Barletta, R-11, Hazleton, said he was actually trying to defuse statements by people who suggest that the Republican-led House should do something about the president violating the Constitution while he spoke to a conservative talk-radio host in York Monday.

"He's just absolutely ignoring the Constitution, and ignoring the laws, and ignoring the checks and balances," Barletta said on "The Gary Sutton Show." "The problem is, you know, what do you do? For those that say, 'Impeach him for breaking the laws or bypassing the laws,' you know, could that pass in the House? It probably, it probably could. Is the majority of the American people in favor of impeaching the president? I'm not sure about that."

Barletta said he wouldn't vote for impeachment unless a majority of Americans supported the idea. He doesn't think they do, but also wouldn't vote for impeachment because the majority-Democratic Senate wouldn't convict the president.

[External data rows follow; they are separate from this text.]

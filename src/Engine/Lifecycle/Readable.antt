-- ===== src/Engine/Lifecycle/Readable.antt =====
-- What can be read back after a `shutdown`: each entry that was accepted, under its own key.
use mathlib.Core.Path.{subst}
use tonggeret.Base.{
  ℕ, ◌+◌, ◌*◌, ◌^◌, ◌≤◌, ◌≡◌, ◌≢◌, ap, Option, none, some, List, length, All, arith,
}
use tonggeret.Text.Utf8.{Bytes}
use tonggeret.Error.{Result, ok}
use tonggeret.Types.{PipelineMsg, MetricEntry}
use tonggeret.Channel.{Channel}
use tonggeret.Storage.Json.{Json}
use tonggeret.Storage.Partition.{Partition}
use tonggeret.Storage.Writer.Stored.{IsNamed, Stores, flush_batch-Stores}
use tonggeret.Engine.{Registry, EngineHandle}
use tonggeret.Engine.Pipeline.{Accepted}
use tonggeret.Engine.Lifecycle.{Thread, State}
use tonggeret.Engine.Lifecycle.Close.{shut_down}
use tonggeret.Engine.Lifecycle.Deliver.{Serving}
use tonggeret.Engine.Lifecycle.Shutdown.{IsStored, shut_down-stores}

module _ {F64 : Type 0} (json : Json F64) (partition : Partition) (registry : Registry F64)
    (channel : Channel (PipelineMsg F64)) (new_registry : List F64 → Result registry.Reg)
    (inserts : (k v : Bytes) (s : partition.Store) → partition.insert k v s ≢ none) where
  open channel use {Chan, view}
  open partition use {Store}
  open registry use {Reg}

  -- the store of the thread has each of the entries under its key, the first with the number 0
  abbrev pub IsReadable : List (MetricEntry F64) → Option (Thread F64 Store) → Type 0
  IsReadable entries none = ⊥
  IsReadable entries (some t) = Stores json partition inserts entries 0 t.writer.store

  stored-IsReadable :
      (s0 : Store) (acc : Accepted F64) (t : Option (Thread F64 Store))
      → All IsNamed acc.0
      → length acc.0 ≤ 2 ^ 32
      → IsStored json partition registry channel new_registry s0 acc t
      → IsReadable acc.0 t
  stored-IsReadable s0 acc none named few h = absurd h
  stored-IsReadable s0 acc (some t) named few (ended, stored, persisted) =
      subst (Stores json partition inserts acc.0 0) (ap (λ x. x.0) stored)
        (flush_batch-Stores json partition inserts acc.0 s0 0 (omega arith) named few)

  -- On a process that serves, with inserts that succeed, if it has accepted at most 2^32 entries, with
  -- names of Unicode scalar values, and the thread takes two steps or more while the call first sleeps,
  -- and then two for each place of the channel and one more: `shutdown` returns without an error, and
  -- then each accepted entry is in the store under its own key, with its payload.
  pub shut_down-IsReadable :
      (busy : ℕ → ℕ) (waits : ℕ) (s0 : Store) (acc : Accepted F64) (h : EngineHandle Chan Reg)
      (c : Chan) (t : Thread F64 Store) (p : State json partition registry channel new_registry)
      → Serving json partition registry channel new_registry s0 acc h c t p
      → All IsNamed acc.0
      → length acc.0 ≤ 2 ^ 32
      → 2 ≤ busy 99
      → 2 * (view c).capacity + 1 ≤ waits
      → (p' : State json partition registry channel new_registry) × (shut_down json partition
            registry channel new_registry busy waits p
          ≡ some (ok tt, p'))
        × IsReadable acc.0 p'.thread
  shut_down-IsReadable busy waits s0 acc h c t p v named few awake enough =
      let (p', done, stored, joined) =
        shut_down-stores json partition registry channel new_registry busy waits s0 acc h c t p v
          awake enough in
      (p', done, stored-IsReadable s0 acc p'.thread named few stored)
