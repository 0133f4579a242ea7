-- ===== src/Engine/Lifecycle/Reach.antt =====
-- The processes that come of a first `init` while no compaction loop is started: callers record and the
-- writer thread takes steps, in any order. Each of them serves.
use mathlib.Core.Path.{subst}
use tonggeret.Base.{
  ℕ, ◌≤◌, ◌≡◌, refl, sym, ap, ◌∙◌, Bool, true, false, not, ◌&&◌, Option, some, List, [], ◌∷◌,
  length, length-append, arith, some_inj,
}
use tonggeret.Error.{Result, ok}
use tonggeret.Types.{PipelineMsg, MetricEntry, metric}
use tonggeret.Config.{Config}
use tonggeret.Channel.{Channel}
use tonggeret.Storage.Json.{Json}
use tonggeret.Storage.Partition.{Partition}
use tonggeret.Engine.{Registry, EngineHandle, record_entry}
use tonggeret.Engine.Record.{has_room, record_entry-tx, record_entry-up}
use tonggeret.Engine.Pipeline.{recorded, Accepted, accept_if}
use tonggeret.Engine.Pipeline.Drain.{run_writer}
use tonggeret.Engine.Lifecycle.{Env, Thread, State, fresh, init}
use tonggeret.Engine.Lifecycle.Steps.{run_writer-Run, run_writer-Shrinks}
use tonggeret.Engine.Lifecycle.Deliver.{Serving}
use tonggeret.Engine.Lifecycle.Start.{full_build}

module _ {F64 : Type 0} (json : Json F64) (partition : Partition) (registry : Registry F64)
    (channel : Channel (PipelineMsg F64)) (new_registry : List F64 → Result registry.Reg) where
  open channel use {Chan, view, try_send}
  open partition use {Store}
  open registry use {Reg}

  abbrev P : Type 0
  P = State json partition registry channel new_registry

  -- A process after a first `init`, and what its channel has accepted. No step starts a compaction loop
  -- or is a pass of one, so that this is what a process does if `init` has started none, which is where
  -- `running` is empty. A caller of `record` that panics in the registry leaves no process here.
  pub data Reach (env : Env Store) (c : Config F64) : P → Accepted F64 → Type 0 where
    begun :
        {p : P}
        → init json partition registry channel new_registry full_build env c
            (fresh json partition registry channel new_registry)
          ≡ (ok tt, p)
        → Reach env c p ([], false)
    records :
        {p : P} {acc : Accepted F64} (e : MetricEntry F64) (h h' : EngineHandle Chan Reg)
        (ch : Chan)
        → Reach env c p acc
        → p.global ≡ some h
        → h.tx ≡ some ch
        → record_entry registry channel e h ≡ some h'
        → Reach env c
            (record p { global = some h' })
            (accept_if (not h.is_shutdown && has_room registry channel (view ch)) (metric e) acc)
    writes :
        {p : P} {acc : Accepted F64} (n : ℕ) (h : EngineHandle Chan Reg) (ch : Chan)
        (t : Thread F64 Store)
        → Reach env c p acc
        → p.global ≡ some h
        → h.tx ≡ some ch
        → p.thread ≡ some t
        → Reach env c
            (record p {
              global = some (record h {
                tx = some (run_writer json partition registry channel t.batch_rows n t.writer ch).1;
              });
              thread = some (record t {
                writer = (run_writer json partition registry channel t.batch_rows n t.writer ch).0;
              });
            })
            acc

  -- the process serves with some handle, channel and thread
  pub record Serves (s0 : Store) (acc : Accepted F64) (capacity : ℕ) (p : P) : Type 0 where
    pub handle : EngineHandle Chan Reg
    pub chan : Chan
    pub thread : Thread F64 Store
    pub serving : Serving json partition registry channel new_registry s0 acc handle chan thread p
    pub capacity_is : (view chan).capacity ≡ capacity

  pub some_tx : {A : Type 0} {x y : A} {o : Option A} → o ≡ some x → o ≡ some y → x ≡ y
  some_tx e f = some_inj (sym e ∙ f)

  pub fits :
      (m : PipelineMsg F64) (c : Chan)
      → length (view c).queue ≤ (view c).capacity
      → ((view (try_send m c).1).capacity ≡ (view c).capacity)
        × ((view (try_send m c).1).is_open ≡ (view c).is_open)
        × (length (view (try_send m c).1).queue ≤ (view c).capacity)
  fits m c most =
      rw (channel.view-send m c) (ground (arith, length-append (view c).queue (m ∷ []), most))

  not_ended :
      (room : Bool) (e : MetricEntry F64) (acc : Accepted F64)
      → acc.1 ≡ false
      → (accept_if room (metric e) acc).1 ≡ false
  not_ended true e acc h = h
  not_ended false e acc h = h

  -- the same, with the handle and the channel that the globals hold
  pub at_globals :
      (s0 : Store) (acc : Accepted F64) (p : P) (h h' : EngineHandle Chan Reg) (c c' : Chan)
      (t : Thread F64 Store)
      → Serving json partition registry channel new_registry s0 acc h c t p
      → p.global ≡ some h'
      → h'.tx ≡ some c'
      → Serving json partition registry channel new_registry s0 acc h' c' t p × (c ≡ c')
  at_globals s0 acc p h h' c c' t v there attached =
      let same : h ≡ h' = some_tx v.global there in
      let same_chan : c ≡ c' = some_tx v.tx (ap (λ x. x.tx) same ∙ attached) in
      (
        subst (λ x. Serving json partition registry channel new_registry s0 acc h' x t p) same_chan
            (subst (λ x. Serving json partition registry channel new_registry s0 acc x c t p) same
              v),
        same_chan,
      )

  pub records-Serving :
      (s0 : Store) (acc : Accepted F64) (p : P) (e : MetricEntry F64) (h h' : EngineHandle Chan Reg)
      (c : Chan) (t : Thread F64 Store)
      → Serving json partition registry channel new_registry s0 acc h c t p
      → record_entry registry channel e h ≡ some h'
      → Serving json partition registry channel new_registry s0
          (accept_if (not h.is_shutdown && has_room registry channel (view c)) (metric e) acc)
          h'
          (try_send (metric e) c).1
          t
          (record p { global = some h' })
  records-Serving s0 acc p e h h' c t v done =
      let (capacity, opened, most) = fits (metric e) c v.most in
      let attached : h'.tx ≡ some (try_send (metric e) c).1 =
        record_entry-tx registry channel e h h' c v.tx done ∙ (rw v.up refl) in
      record {
        global = refl;
        up = record_entry-up registry channel e h h' c v.tx v.up done;
        tx = attached;
        thread = v.thread;
        join = v.join;
        run = recorded e h h' v.run v.tx done attached;
        before = not_ended (not h.is_shutdown && has_room registry channel (view c)) e acc v.before;
        is_open = opened ∙ v.is_open;
        least = omega (arith, capacity, v.least);
        most = omega (arith, capacity, most);
      }

  pub writes-Serving :
      (n : ℕ) (s0 : Store) (acc : Accepted F64) (p : P) (h : EngineHandle Chan Reg) (c : Chan)
      (t : Thread F64 Store)
      → Serving json partition registry channel new_registry s0 acc h c t p
      → Serving json partition registry channel new_registry s0 acc
          (record h {
            tx = some (run_writer json partition registry channel t.batch_rows n t.writer c).1;
          })
          (run_writer json partition registry channel t.batch_rows n t.writer c).1
          (record t {
            writer = (run_writer json partition registry channel t.batch_rows n t.writer c).0;
          })
          (record p {
            global = some (record h {
              tx = some (run_writer json partition registry channel t.batch_rows n t.writer c).1;
            });
            thread = some (record t {
              writer = (run_writer json partition registry channel t.batch_rows n t.writer c).0;
            });
          })
  writes-Serving n s0 acc p h c t v =
      let kept = run_writer-Shrinks json partition registry channel t.batch_rows n v.run v.before in
      record {
        global = refl;
        up = v.up;
        tx = refl;
        thread = refl;
        join = v.join;
        run = run_writer-Run json partition registry channel t.batch_rows n v.run;
        before = v.before;
        is_open = kept.is_open ∙ v.is_open;
        least = omega (arith, kept.capacity, v.least);
        most = omega (arith, kept.capacity, kept.fewer, v.most);
      }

"I was actually dismissing the idea for those who (say) ... 'Why don't we do something, why don't impeach the president?' And I ran through the litany of the process, could it pass the House?" Barletta said. "Maybe, probably. Would it be accepted by the American people? Probably not. I wasn't proposing it and I'm not advocating it. Nowhere in our (House Republican) caucus have I even heard anyone talk about it."

But Barletta said he believes the president violated the Constitution by repeatedly extending deadlines for individuals and businesses to comply with the Affordable Care Act, known commonly as Obamacare.

"Once it was passed by Congress, it was a law and only Congress can change the law," he said.

He also criticized the president for failing to give Congress 30-days notice of the exchange of Taliban-held prisoner of war Bowe Bergdahl for five Taliban members held as enemy combatants at Guantanamo Bay and issuing a directive to block enforcement of immigration laws when an illegal immigrant is under 16 years old. Democrats and Republicans have questioned the prisoner exchange notice failure, but Republicans have led the drive on the immigration issue.

"He doesn't have the constitutional authority to do that (waive the law on illegal immigration for children under 16)," Barletta said.

The Democratic National Committee chimed in with an emailed statement, suggesting people who learned Barletta said Obama could face impeachment would react incredulously.

"Yep, you read that right, impeachment," DNC spokesman Ian Sams said in the email.